Jason C


The Name of the Game Is Bailout 2021-08-01

In 1994 G. Edward Griffin wrote the book The Creature from Jekyll Island about the U.S. money system and how the Federal Reserve was created by bankers as a cartel. His second chapter is titled, "The Name of the Game Is Bailout", which describes how banks give bad loans – to individuals, corporations, or even other nations – and when the loans fail, the banks are bailed out with taxpayer dollars.

He described this process almost 15 years before the 2008 financial crisis and their record setting bailouts. The Fed allows big corporations to take risks knowing if they fail, they can pass the bill on to the taxpayers – hence the saying: privatize profits and socialize losses.

In March 2020, right at the beginning of the government shutting down the economy, the $2.2 trillion CARES act was passed. The biggest bailout in history – more than 3x bigger than the $700 billion TARP bailout in 2008.

Then in December of the same year there was the even bigger $2.3 trillion Consolidated Appropriations Act. As if that was not enough, in March 2021 there was a third American Rescue Plan bailout, this one for $1.9 trillion. In total, the bailouts were more than 10 times bigger than the bailouts of 2008.

When the U.S. abandoned the gold standard in 1971 some warned that the Fed would not be able to constrain their money printing, leading to out-of-control inflation. To some people’s surprise, after 50 years the dollar remains the strongest currency in the world, only supposedly inflating 5x in that time period.

Even with the dollar still on top, are things healthy though?

For years leading up to 2020 it was predicted that the economy was due for a major correction. As a millennial, many people I knew had been holding onto their savings waiting for the market to drop so they could buy a home. But that correction never came, or at least it did not last for very long.

On February 20th, 2020, the S&P closed at a record setting $3,386. A month later, on March 23rd, the S&P closed at $2,237, a 33% drop – the market correction we had been waiting for.

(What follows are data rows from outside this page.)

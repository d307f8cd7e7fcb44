-- ===== src/Casing/Tables/CaseIgnorable/From0027.antt =====
-- `internal::dchar_is_case_ignorable` (sys.Text/data/UnicodeCasing.h): the code points that casing contexts skip, as ranges of code points.
use libcxxext.Prelude.{ℕ, List, [], ◌∷◌}

abbrev pub is_case_ignorable_from_0027 : List (ℕ × ℕ)
is_case_ignorable_from_0027 =
    (0x0027, 0x0027)
    ∷ (0x002E, 0x002E)
    ∷ (0x003A, 0x003A)
    ∷ (0x005E, 0x005E)
    ∷ (0x0060, 0x0060)
    ∷ (0x00A8, 0x00A8)
    ∷ (0x00AD, 0x00AD)
    ∷ (0x00AF, 0x00AF)
    ∷ (0x00B4, 0x00B4)
    ∷ (0x00B7, 0x00B8)
    ∷ (0x02B0, 0x033A)
    ∷ []

abbrev pub is_case_ignorable_from_033b : List (ℕ × ℕ)
is_case_ignorable_from_033b =
    (0x033B, 0x036F)
    ∷ (0x0374, 0x0375)
    ∷ (0x037A, 0x037A)
    ∷ (0x0384, 0x0385)
    ∷ (0x0387, 0x0387)
    ∷ (0x0483, 0x0489)
    ∷ (0x0559, 0x0559)
    ∷ (0x055F, 0x055F)
    ∷ (0x0591, 0x05BD)
    ∷ (0x05BF, 0x05BF)
    ∷ (0x05C1, 0x05C2)
    ∷ (0x05C4, 0x05C5)
    ∷ (0x05C7, 0x05C7)
    ∷ (0x05F4, 0x05F4)
    ∷ (0x0600, 0x0605)
    ∷ (0x0610, 0x061A)
    ∷ (0x061C, 0x061C)
    ∷ (0x0640, 0x0640)
    ∷ (0x064B, 0x0655)
    ∷ []

abbrev pub is_case_ignorable_from_0656 : List (ℕ × ℕ)
is_case_ignorable_from_0656 =
    (0x0656, 0x065F)
    ∷ (0x0670, 0x0670)
    ∷ (0x06D6, 0x06DD)
    ∷ (0x06DF, 0x06E8)
    ∷ (0x06EA, 0x06ED)
    ∷ (0x070F, 0x070F)
    ∷ (0x0711, 0x0711)
    ∷ (0x0730, 0x074A)
    ∷ (0x07A6, 0x07B0)
    ∷ (0x07EB, 0x07F5)
    ∷ (0x07FA, 0x07FA)
    ∷ (0x07FD, 0x07FD)
    ∷ (0x0816, 0x082D)
    ∷ (0x0859, 0x085B)
    ∷ (0x0888, 0x0888)
    ∷ (0x0890, 0x0891)
    ∷ (0x0897, 0x089F)
    ∷ (0x08C9, 0x08E1)
    ∷ []

abbrev pub is_case_ignorable_from_08e2 : List (ℕ × ℕ)
is_case_ignorable_from_08e2 =
    (0x08E2, 0x0902)
    ∷ (0x093A, 0x093A)
    ∷ (0x093C, 0x093C)
    ∷ (0x0941, 0x0948)
    ∷ (0x094D, 0x094D)
    ∷ (0x0951, 0x0957)
    ∷ (0x0962, 0x0963)
    ∷ (0x0971, 0x0971)
    ∷ (0x0981, 0x0981)
    ∷ (0x09BC, 0x09BC)
    ∷ (0x09C1, 0x09C4)
    ∷ (0x09CD, 0x09CD)
    ∷ (0x09E2, 0x09E3)
    ∷ (0x09FE, 0x09FE)
    ∷ (0x0A01, 0x0A02)
    ∷ (0x0A3C, 0x0A3C)
    ∷ (0x0A41, 0x0A42)
    ∷ (0x0A47, 0x0A48)
    ∷ (0x0A4B, 0x0A4D)
    ∷ (0x0A51, 0x0A51)
    ∷ (0x0A70, 0x0A71)
    ∷ (0x0A75, 0x0A75)
    ∷ (0x0A81, 0x0A82)
    ∷ (0x0ABC, 0x0ABC)
    ∷ (0x0AC1, 0x0AC5)
    ∷ (0x0AC7, 0x0AC8)
    ∷ (0x0ACD, 0x0ACD)
    ∷ (0x0AE2, 0x0AE3)
    ∷ (0x0AFA, 0x0AFF)
    ∷ (0x0B01, 0x0B01)
    ∷ (0x0B3C, 0x0B3C)
    ∷ (0x0B3F, 0x0B3F)
    ∷ (0x0B41, 0x0B44)
    ∷ (0x0B4D, 0x0B4D)
    ∷ (0x0B55, 0x0B56)
    ∷ (0x0B62, 0x0B63)
    ∷ (0x0B82, 0x0B82)
    ∷ (0x0BC0, 0x0BC0)
    ∷ (0x0BCD, 0x0BCD)
    ∷ (0x0C00, 0x0C00)
    ∷ (0x0C04, 0x0C04)
    ∷ (0x0C3C, 0x0C3C)
    ∷ (0x0C3E, 0x0C40)
    ∷ (0x0C46, 0x0C48)
    ∷ (0x0C4A, 0x0C4D)
    ∷ (0x0C55, 0x0C56)
    ∷ (0x0C62, 0x0C63)
    ∷ (0x0C81, 0x0C81)
    ∷ (0x0CBC, 0x0CBC)
    ∷ (0x0CBF, 0x0CBF)
    ∷ (0x0CC6, 0x0CC6)
    ∷ (0x0CCC, 0x0CCD)
    ∷ (0x0CE2, 0x0CE3)
    ∷ (0x0D00, 0x0D01)
    ∷ (0x0D3B, 0x0D3C)
    ∷ (0x0D41, 0x0D44)
    ∷ (0x0D4D, 0x0D4D)
    ∷ (0x0D62, 0x0D63)
    ∷ (0x0D81, 0x0D81)
    ∷ (0x0DCA, 0x0DCA)
    ∷ []

abbrev pub is_case_ignorable_from_0dd2 : List (ℕ × ℕ)
is_case_ignorable_from_0dd2 =
    (0x0DD2, 0x0DD4)
    ∷ (0x0DD6, 0x0DD6)
    ∷ (0x0E31, 0x0E31)
    ∷ (0x0E34, 0x0E3A)
    ∷ (0x0E46, 0x0E4E)
    ∷ (0x0EB1, 0x0EB1)
    ∷ (0x0EB4, 0x0EBC)
    ∷ (0x0EC6, 0x0EC6)
    ∷ (0x0EC8, 0x0ECE)
    ∷ (0x0F18, 0x0F19)
    ∷ (0x0F35, 0x0F35)
    ∷ (0x0F37, 0x0F37)
    ∷ (0x0F39, 0x0F39)
    ∷ (0x0F71, 0x0F7E)
    ∷ (0x0F80, 0x0F84)
    ∷ (0x0F86, 0x0F87)
    ∷ (0x0F8D, 0x0F97)
    ∷ (0x0F99, 0x0FBC)
    ∷ (0x0FC6, 0x0FC6)
    ∷ (0x102D, 0x1030)
    ∷ (0x1032, 0x1037)
    ∷ (0x1039, 0x103A)
    ∷ (0x103D, 0x103E)
    ∷ (0x1058, 0x1059)
    ∷ (0x105E, 0x1060)
    ∷ (0x1071, 0x1074)
    ∷ (0x1082, 0x1082)
    ∷ (0x1085, 0x1086)
    ∷ (0x108D, 0x108D)
    ∷ (0x109D, 0x109D)
    ∷ (0x10FC, 0x10FC)
    ∷ (0x135D, 0x135F)
    ∷ (0x1712, 0x1714)
    ∷ (0x1732, 0x1733)
    ∷ []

But due to the suspiciously expedient action of the ultrapowerful, the CARES act was seemingly drafted overnight, signed into law March 27th, and the 33% drop in the stock market was erased almost as fast as it showed up, before more stable markets like housing were seriously affected. In fact, the opposite occurred, markets started growing at even faster rates than before – the rich were bailed out once again.

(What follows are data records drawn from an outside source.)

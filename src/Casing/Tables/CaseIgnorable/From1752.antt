-- ===== src/Casing/Tables/CaseIgnorable/From1752.antt =====
-- `internal::dchar_is_case_ignorable` (sys.Text/data/UnicodeCasing.h): the code points that casing contexts skip, as ranges of code points.
use libcxxext.Prelude.{ℕ, List, [], ◌∷◌}

abbrev pub is_case_ignorable_from_1752 : List (ℕ × ℕ)
is_case_ignorable_from_1752 =
    (0x1752, 0x1753)
    ∷ (0x1772, 0x1773)
    ∷ (0x17B4, 0x17B5)
    ∷ (0x17B7, 0x17BD)
    ∷ (0x17C6, 0x17C6)
    ∷ (0x17C9, 0x17D3)
    ∷ (0x17D7, 0x17D7)
    ∷ (0x17DD, 0x17DD)
    ∷ (0x180B, 0x180F)
    ∷ (0x1843, 0x1843)
    ∷ (0x1885, 0x1886)
    ∷ (0x18A9, 0x18A9)
    ∷ (0x1920, 0x1922)
    ∷ (0x1927, 0x1928)
    ∷ (0x1932, 0x1932)
    ∷ (0x1939, 0x193B)
    ∷ (0x1A17, 0x1A18)
    ∷ (0x1A1B, 0x1A1B)
    ∷ (0x1A56, 0x1A56)
    ∷ (0x1A58, 0x1A5E)
    ∷ (0x1A60, 0x1A60)
    ∷ (0x1A62, 0x1A62)
    ∷ (0x1A65, 0x1A6C)
    ∷ (0x1A73, 0x1A7C)
    ∷ (0x1A7F, 0x1A7F)
    ∷ (0x1AA7, 0x1AA7)
    ∷ (0x1AB0, 0x1ADD)
    ∷ (0x1AE0, 0x1AEB)
    ∷ (0x1B00, 0x1B03)
    ∷ (0x1B34, 0x1B34)
    ∷ (0x1B36, 0x1B3A)
    ∷ (0x1B3C, 0x1B3C)
    ∷ (0x1B42, 0x1B42)
    ∷ (0x1B6B, 0x1B6C)
    ∷ []

abbrev pub is_case_ignorable_from_1b6d : List (ℕ × ℕ)
is_case_ignorable_from_1b6d =
    (0x1B6D, 0x1B73)
    ∷ (0x1B80, 0x1B81)
    ∷ (0x1BA2, 0x1BA5)
    ∷ (0x1BA8, 0x1BA9)
    ∷ (0x1BAB, 0x1BAD)
    ∷ (0x1BE6, 0x1BE6)
    ∷ (0x1BE8, 0x1BE9)
    ∷ (0x1BED, 0x1BED)
    ∷ (0x1BEF, 0x1BF1)
    ∷ (0x1C2C, 0x1C33)
    ∷ (0x1C36, 0x1C37)
    ∷ (0x1C78, 0x1C7D)
    ∷ (0x1CD0, 0x1CD2)
    ∷ (0x1CD4, 0x1CE0)
    ∷ (0x1CE2, 0x1CE8)
    ∷ (0x1CED, 0x1CED)
    ∷ (0x1CF4, 0x1CF4)
    ∷ (0x1CF8, 0x1CF9)
    ∷ (0x1D2C, 0x1D6A)
    ∷ (0x1D78, 0x1D78)
    ∷ (0x1D9B, 0x1DAC)
    ∷ []

abbrev pub is_case_ignorable_from_1dad : List (ℕ × ℕ)
is_case_ignorable_from_1dad =
    (0x1DAD, 0x1DFF)
    ∷ (0x1FBD, 0x1FBD)
    ∷ (0x1FBF, 0x1FC1)
    ∷ (0x1FCD, 0x1FCF)
    ∷ (0x1FDD, 0x1FDF)
    ∷ (0x1FED, 0x1FEF)
    ∷ (0x1FFD, 0x1FFE)
    ∷ (0x200B, 0x200F)
    ∷ (0x2018, 0x2019)
    ∷ (0x2024, 0x2024)
    ∷ (0x2027, 0x2027)
    ∷ (0x202A, 0x202E)
    ∷ (0x2060, 0x2064)
    ∷ (0x2066, 0x206F)
    ∷ (0x2071, 0x2071)
    ∷ (0x207F, 0x207F)
    ∷ (0x2090, 0x209C)
    ∷ (0x20D0, 0x20D7)
    ∷ []

abbrev pub is_case_ignorable_from_20d8 : List (ℕ × ℕ)
is_case_ignorable_from_20d8 =
    (0x20D8, 0x20F0)
    ∷ (0x2C7C, 0x2C7D)
    ∷ (0x2CEF, 0x2CF1)
    ∷ (0x2D6F, 0x2D6F)
    ∷ (0x2D7F, 0x2D7F)
    ∷ (0x2DE0, 0x2DFF)
    ∷ (0x2E2F, 0x2E2F)
    ∷ (0x3005, 0x3005)
    ∷ (0x302A, 0x302D)
    ∷ (0x3031, 0x3035)
    ∷ (0x303B, 0x303B)
    ∷ (0x3099, 0x309E)
    ∷ (0x30FC, 0x30FE)
    ∷ (0xA015, 0xA015)
    ∷ (0xA4F8, 0xA4FD)
    ∷ (0xA60C, 0xA60C)
    ∷ (0xA66F, 0xA672)
    ∷ (0xA674, 0xA67D)
    ∷ (0xA67F, 0xA67F)
    ∷ (0xA69C, 0xA69F)
    ∷ (0xA6F0, 0xA6F1)
    ∷ (0xA700, 0xA721)
    ∷ (0xA770, 0xA770)
    ∷ (0xA788, 0xA788)
    ∷ []

abbrev pub is_case_ignorable_from_a789 : List (ℕ × ℕ)
is_case_ignorable_from_a789 =
    (0xA789, 0xA78A)
    ∷ (0xA7F1, 0xA7F4)
    ∷ (0xA7F8, 0xA7F9)
    ∷ (0xA802, 0xA802)
    ∷ (0xA806, 0xA806)
    ∷ (0xA80B, 0xA80B)
    ∷ (0xA825, 0xA826)
    ∷ (0xA82C, 0xA82C)
    ∷ (0xA8C4, 0xA8C5)
    ∷ (0xA8E0, 0xA8F1)
    ∷ (0xA8FF, 0xA8FF)
    ∷ (0xA926, 0xA92D)
    ∷ (0xA947, 0xA951)
    ∷ (0xA980, 0xA982)
    ∷ (0xA9B3, 0xA9B3)
    ∷ (0xA9B6, 0xA9B9)
    ∷ (0xA9BC, 0xA9BD)
    ∷ (0xA9CF, 0xA9CF)
    ∷ (0xA9E5, 0xA9E6)
    ∷ (0xAA29, 0xAA2E)
    ∷ (0xAA31, 0xAA32)
    ∷ (0xAA35, 0xAA36)
    ∷ (0xAA43, 0xAA43)
    ∷ (0xAA4C, 0xAA4C)
    ∷ (0xAA70, 0xAA70)
    ∷ (0xAA7C, 0xAA7C)
    ∷ (0xAAB0, 0xAAB0)
    ∷ (0xAAB2, 0xAAB4)
    ∷ (0xAAB7, 0xAAB8)
    ∷ (0xAABE, 0xAABF)
    ∷ (0xAAC1, 0xAAC1)
    ∷ (0xAADD, 0xAADD)
    ∷ (0xAAEC, 0xAAED)
    ∷ (0xAAF3, 0xAAF4)
    ∷ (0xAAF6, 0xAAF6)
    ∷ (0xAB5B, 0xAB5F)
    ∷ (0xAB69, 0xAB6B)
    ∷ (0xABE5, 0xABE5)
    ∷ (0xABE8, 0xABE8)
    ∷ (0xABED, 0xABED)
    ∷ (0xFB1E, 0xFB1E)
    ∷ (0xFBB2, 0xFBC2)
    ∷ (0xFE00, 0xFE0F)
    ∷ (0xFE13, 0xFE13)
    ∷ (0xFE20, 0xFE27)
    ∷ []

But why would they have stopped with one bailout? With the economy shutdown they were able to justify more. So, either just due to greed or in response to losses created by shutdowns, they piled on additional bailouts.

Now it is summer 2021 and things have been reopening, but in general economic activity is not where it was before. According to the Fed velocity of money in Q2 2021 was 1.2, way below the pre-lockdowns velocity of 5.6 in Q2 2019.

In 2021 they have already passed a $6.8 trillion budget, $2 trillion more than the 2020 budget. Adding all the bailouts from the last 18 months you get a whopping total of over $10 trillion. A mind boggling number, as much as the total US federal debt about a decade ago.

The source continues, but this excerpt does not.